My ID8s (branded ARC) sound damn good for 8s, good build quality.


----------



## tr0y_audi0 (Feb 13, 2007)

Iv used just a few ID Subs
IDQ10
(2)IDQ12's
IDQ15
IDMAX12
(2)ID10's
(2)ID8's
All of them sounded great Very Musical
The Lowend on the Max was sweet..
I used allbut the Max on Zapco Amps
The Max Was on an ARC CXL
Great Subs for any setup..


----------



## Hillbilly SQ (Jan 26, 2007)

i've owned 2 id8's and they were impressive for 8's. image dynamics is a buildhouse and arc and eD use them also. i'm sure others do too. my arc 12 is definately a gem. it's not equal to the idv3 or the idq imo...it seems to be a cross between the 2. i've also had an idmax12 sealed and forwardfired in my single cab sierranot my cut of tea though. the arc 12 i'm running now is teh bomb diggety


----------



## Bumpin'Buick (Nov 8, 2007)

I'm running and IDQ12 v.2 and I'm impressed with it. Very musical and sounds great.

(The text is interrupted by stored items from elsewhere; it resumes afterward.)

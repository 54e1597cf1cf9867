-- ===== src/Apps/Untouched.antt =====
-- Changes of the table of apps that leave one session's apps as they were.
use aira_relay.Base.{
  Bool, Option, some, Text, text_eq_iff, ◌≡◌, ◌≢◌, ◌↔◌, inl, inr, sym, ap, ◌∙◌, arith,
}
use aira_relay.Base.Results.{Result, ok, err, M}
use aira_relay.Apps.{App, Row, AppsTable}
use aira_relay.Apps.Repository.{Store, new_row, changed}
use aira_relay.Apps.Service.{Services}
use aira_relay.Apps.Rows.{Inserted, Updated, Deleted}
use aira_relay.Apps.Changes.{UpsertedTo, DeletedFrom}
use aira_relay.Apps.Creation.{CreatedAs}

module _ (table : AppsTable) where
  -- The session has the same rows in `d` and in `e`.
  abbrev pub Untouched : Text → table.Rows → table.Rows → Type 0
  Untouched s d e =
      (i : Text) (r : Row) → r.session ≡ s → (table.first d i ≡ some r) ↔ (table.first e i ≡ some r)

  pub refl-Untouched : (s : Text) (d e : table.Rows) → e ≡ d → Untouched s d e
  refl-Untouched s d e h i r k = let f = ap (λ x. table.first x i) h in (λ p. f ∙ p, λ p. sym f ∙ p)

  pub trans-Untouched :
      (s : Text) (a b c : table.Rows) → Untouched s a b → Untouched s b c → Untouched s a c
  trans-Untouched s a b c h k i r e =
      (λ p. (k i r e).0 ((h i r e).0 p), λ p. (h i r e).1 ((k i r e).1 p))

  pub Inserted-Untouched :
      (s : Text) (app : App) (d e : table.Rows)
      → app.session ≢ s
      → Inserted table app d e
      → Untouched s d e
  unfolding new_row
  Inserted-Untouched s app d e n h i r k =
      let rows = h.rows i in
      (
        λ p. ground (arith, h.free, text_eq_iff app.id i, ap (table.first d)),
        λ p. ground (arith, n),
      )

  pub Updated-Untouched :
      (s : Text) (app : App) (old : Row) (d e : table.Rows)
      → app.session ≢ s
      → Updated table app old d e
      → Untouched s d e
  unfolding changed
  Updated-Untouched s app old d e n h i r k =
      let rows = h.rows i in
      (
        λ p. ground (arith, n, h.found, h.same_session, text_eq_iff app.id i, ap (table.first d)),
        λ p. ground (arith, n),
      )

  pub Deleted-Untouched :
      (s : Text) (old : Row) (d e : table.Rows)
      → old.session ≢ s
      → Deleted table old d e
      → Untouched s d e
  Deleted-Untouched s old d e n h i r k =
      let rows = h.rows i in
      (
        λ p. ground (arith, n, h.found, text_eq_iff old.id i, ap (table.first d)),
        λ p. ground (arith),
      )

module _ (table : AppsTable) (services : Services) {S : Type 0} (exists : Text → M S Bool)
    (s : Text) where
  -- The session `s` has the apps that it had in `d`.
  abbrev pub Keeps : {A : Type 0} → table.Rows → (S × Store table) × Result A → Type 0
  Keeps d x = Untouched table s d x.0.1.rows

  pub create-Keeps :
      (app : App) (d : table.Rows) (x : (S × Store table) × Result (Option App))
      → app.session ≢ s
      → CreatedAs table services exists app d x
      → Keeps d x
  create-Keeps app d (v, err e) n h = refl-Untouched table s d v.1.rows h
  create-Keeps app d (v, ok o) n h =
      Inserted-Untouched table s (record app { id = h.0 }) d v.1.rows n h.3

  pub update-Keeps :
      (app : App) (d : table.Rows) (x : (S × Store table) × Result (Option App))
      → app.session ≢ s
      → UpsertedTo table services exists app d x
      → Keeps d x
  update-Keeps app d x n (inl h) = create-Keeps app d x n h.1
  update-Keeps app d (v, err e) n (inr h) = refl-Untouched table s d v.1.rows h
  update-Keeps app d (v, ok o) n (inr h) = Updated-Untouched table s app h.0 d v.1.rows n h.1

  -- An app that is there is only changed within its session.
  pub update_found-Keeps :
      (app : App) (r : Row) (d : table.Rows) (x : (S × Store table) × Result (Option App))
      → table.first d app.id ≡ some r
      → r.session ≢ s
      → UpsertedTo table services exists app d x
      → Keeps d x
  update_found-Keeps app r d x f n (inl h) = absurd (ground (arith, h.0))
  update_found-Keeps app r d (v, err e) f n (inr h) = refl-Untouched table s d v.1.rows h
  update_found-Keeps app r d (v, ok o) f n (inr h) =
      Updated-Untouched table s app h.0 d v.1.rows
        (λ e. n (ground (arith, h.1.found, h.1.same_session))) h.1

  pub delete-Keeps :
      (id : Text) (r : Row) (d : table.Rows) (x : (S × Store table) × Result App)
      → table.first d id ≡ some r
      → r.session ≢ s
      → DeletedFrom table services exists id d x
      → Keeps d x
  delete-Keeps id r d (v, err e) f n h = refl-Untouched table s d v.1.rows h
  delete-Keeps id r d (v, ok a) f n (old, i, _, deleted) =
      Deleted-Untouched table s old d v.1.rows
        (λ e. n (ground (arith, deleted.found, ap (table.first d) i))) deleted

My buddy ran two IDQ15 v.1 a few years back and those were amazing as well.


----------



## BlueAc (May 19, 2007)

Well I have 2 IDQ12V.2 but I haven't used them yet. My amp would only be able to give them 700 watts total, do you guys think that would be enough or should I spring for a pdx 1.1000? Sounddomain said they were rated for 350 rms but the info from ID says 500, I don't know which is right!


----------



## moosejuice (Oct 5, 2007)

There are some really good points to the Image Dynamics subs; excellent build quality, great sound, good price.

I am running an IDQ12 D4 wired at 8Ohms and am only pushing it with about 95 Watts and I couldn't be happier with it.  

B-


----------



## GlasSman (Nov 14, 2006)

BlueAc said:


> Well I have 2 IDQ12V.2 but I haven't used them yet. My amp would only be able to give them 700 watts total, do you guys think that would be enough or should I spring for a pdx 1.1000? Sounddomain said they were rated for 350 rms but the info from ID says 500, I don't know which is right!

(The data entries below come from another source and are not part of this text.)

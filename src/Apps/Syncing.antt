-- ===== src/Apps/Syncing.antt =====
-- `syncSessionApps` of waha-plus/src/apps/app_sdk/services/AppsEnabledService.ts, the interface
-- services/IAppsService.ts, and services/AppsDisabledService.ts, which fills it too.
use aira_relay.Base.{Bool, true, false, not, Option, none, some, List, [], ◌∷◌, Text, contains}
use aira_relay.Base.Results.{unprocessable, M, ◌>>=◌, ◌>>◌, pure, throw, when}
use aira_relay.Apps.{App, AppsTable}
use aira_relay.Apps.Repository.{Store}
use aira_relay.Apps.Service.{
  find_app, Services, list_apps, get_app, create_app, update_app, delete_app, remove_by_session,
  before_session_start_apps, after_session_start_apps,
}

-- The id of an app that the request lists without one: that of the session's app of the same kind.
unfoldable pub sync_id : List App → App → Text
sync_id existing app = elim app.id [
  | c ∷ id ↦ c ∷ id
  | [] ↦ elim (find_app app.app existing) [ none ↦ [] | some found ↦ found.id ]
]

abbrev pub sync_app : Text → List App → App → App
sync_app session existing app = record app { id = sync_id existing app; session = session }

-- The id of the app after `upsert`: `create` writes a generated id into the app.
abbrev pub upserted_id : App → Option App → Text
upserted_id app none = app.id
upserted_id app (some a) = a.id

module _ (table : AppsTable) (services : Services) {S : Type 0} (exists : Text → M S Bool) where
  abbrev pub upsert_app : App → M (S × Store table) (Option App)
  upsert_app app = update_app table services exists true app

  -- The loop over the apps that are given; it answers their ids.
  unfoldable pub upsert_each :
      Text → List App → List App → (ids : List Text) → M (S × Store table) (List Text)
  upsert_each session existing [] ids = pure ids
  upsert_each session existing (app ∷ rest) ids = do
    saved ← upsert_app (sync_app session existing app)
    upsert_each session existing rest (upserted_id (sync_app session existing app) saved ∷ ids)

  -- The loop over the apps that were there.
  unfoldable pub delete_others : List Text → List App → M (S × Store table) (Unit {0})
  delete_others ids [] = pure tt
  delete_others ids (app ∷ rest) = do
    when (not (contains ids app.id)) (delete_app table services exists app.id >> pure tt)
    delete_others ids rest

  unfoldable pub sync_session_apps : Text → List App → M (S × Store table) (Unit {0})
  sync_session_apps session apps = do
    existing ← list_apps table services exists session
    ids ← upsert_each session existing apps []
    delete_others ids existing

-- `IAppsService`, over a state.
pub record AppsService (W : Type 0) : Type 0 where
  pub list : Text → M W (List App)
  pub get : Text → M W (Option App)
  pub create : App → M W (Option App)
  pub upsert : App → M W (Option App)
  pub update : App → M W (Option App)
  pub delete : Text → M W App
  pub remove_by_session : Text → M W (Unit {0})
  pub before_session_start : Text → M W (Unit {0})
  pub after_session_start : Text → M W (Unit {0})
  pub sync_session_apps : Text → List App → M W (Unit {0})

abbrev pub enabled_service :
    (table : AppsTable)
    → Services
    → {S : Type 0} → (Text → M S Bool)
    → AppsService (S × Store table)
enabled_service table services exists = record {
  list = list_apps table services exists;
  get = get_app table services exists;
  create = create_app table services exists;
  upsert = update_app table services exists true;
  update = update_app table services exists false;
  delete = delete_app table services exists;
  remove_by_session = remove_by_session table services exists;
  before_session_start = before_session_start_apps table services exists;
  after_session_start = after_session_start_apps table services exists;
  sync_session_apps = sync_session_apps table services exists;
}

-- `AppsDisabledService`.
abbrev pub disabled_service : (W : Type 0) → AppsService W
disabled_service W = record {
  list = λ session. throw unprocessable;
  get = λ id. throw unprocessable;
  create = λ app. throw unprocessable;
  upsert = λ app. throw unprocessable;
  update = λ app. throw unprocessable;
  delete = λ id. throw unprocessable;
  remove_by_session = λ session. pure tt;
  before_session_start = λ session. pure tt;
  after_session_start = λ session. pure tt;
  sync_session_apps = λ session apps. throw unprocessable;
}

700 for both is fine. Eric at ID told me 400 for my IDQ15 v.2 is perfect for daily driving. Absolutely awesome with around 550 to 600 watts in a sealed box. Next year I'll try a ported box.

IDQ15 v.1 is a great sub but v.2 is a little better.

IDQ12v.2 is a great performer. 

ID subs don't need alot of power to get reasonably loud. Thats the company MANTRA. You can use a minimal amount of power or max power....if you're carful with the volume knob.


----------



## oldschoolsq (Nov 29, 2006)

I have 2 IDQ10D4V2 subs, .5 cf sealed each & 1,900 watts makes my friends hate me  They are AWESOME , hits hard & sounds GREAT


----------



## johnson (May 1, 2007)

I like em because they sound great and theyre not as well known as other retail brands. I got most of my friends on the ID bandwagon which theyve bought on my recommendation without hearing them first hand and they all still have it.

1. ID10
2. ID10 x 2
3. ID12
4. IDQ12
5. IDMAX 12
6. IDMAX 12 < me


----------



## audiorailroad (Mar 6, 2007)

image dynamics does not build ED subs. they are completely assembled in iowa from raw parts. they are 20 minutes from my house.


----------



## Octopus Jonny (Oct 30, 2007)

I ran an IDMAX 12v3 in my last setup and I absoutely loved it. Very musical as others have said and with great low end extension. I'll probably end up with another IDMAX sometime in the future.


----------



## The Drake (Apr 3, 2007)

I am running a single IDMAX 12 in a sealed box and am very suprised with the sound quality, I have a ported box thats just been built that I will try it in this weekend. I have to say that the SQ is just as good if not better than the Dayton Titanic MKIII 12" that I had in there before.


----------



## James Bang (Jul 25, 2007)

i've used:

ID12 v.3 x2
ID10 v.3
IDQ10 v.2
IDQ10 v.3
IDQ12 v.2 x2
IDQ15 v.2 x2
IDmax10 v.3
IDmax12 v.3 x2

I've been impressed with all of them. Every single one of them are very musical, the IDs and IDmaxs has more low end than IDQs but IDQs are a bit smoother.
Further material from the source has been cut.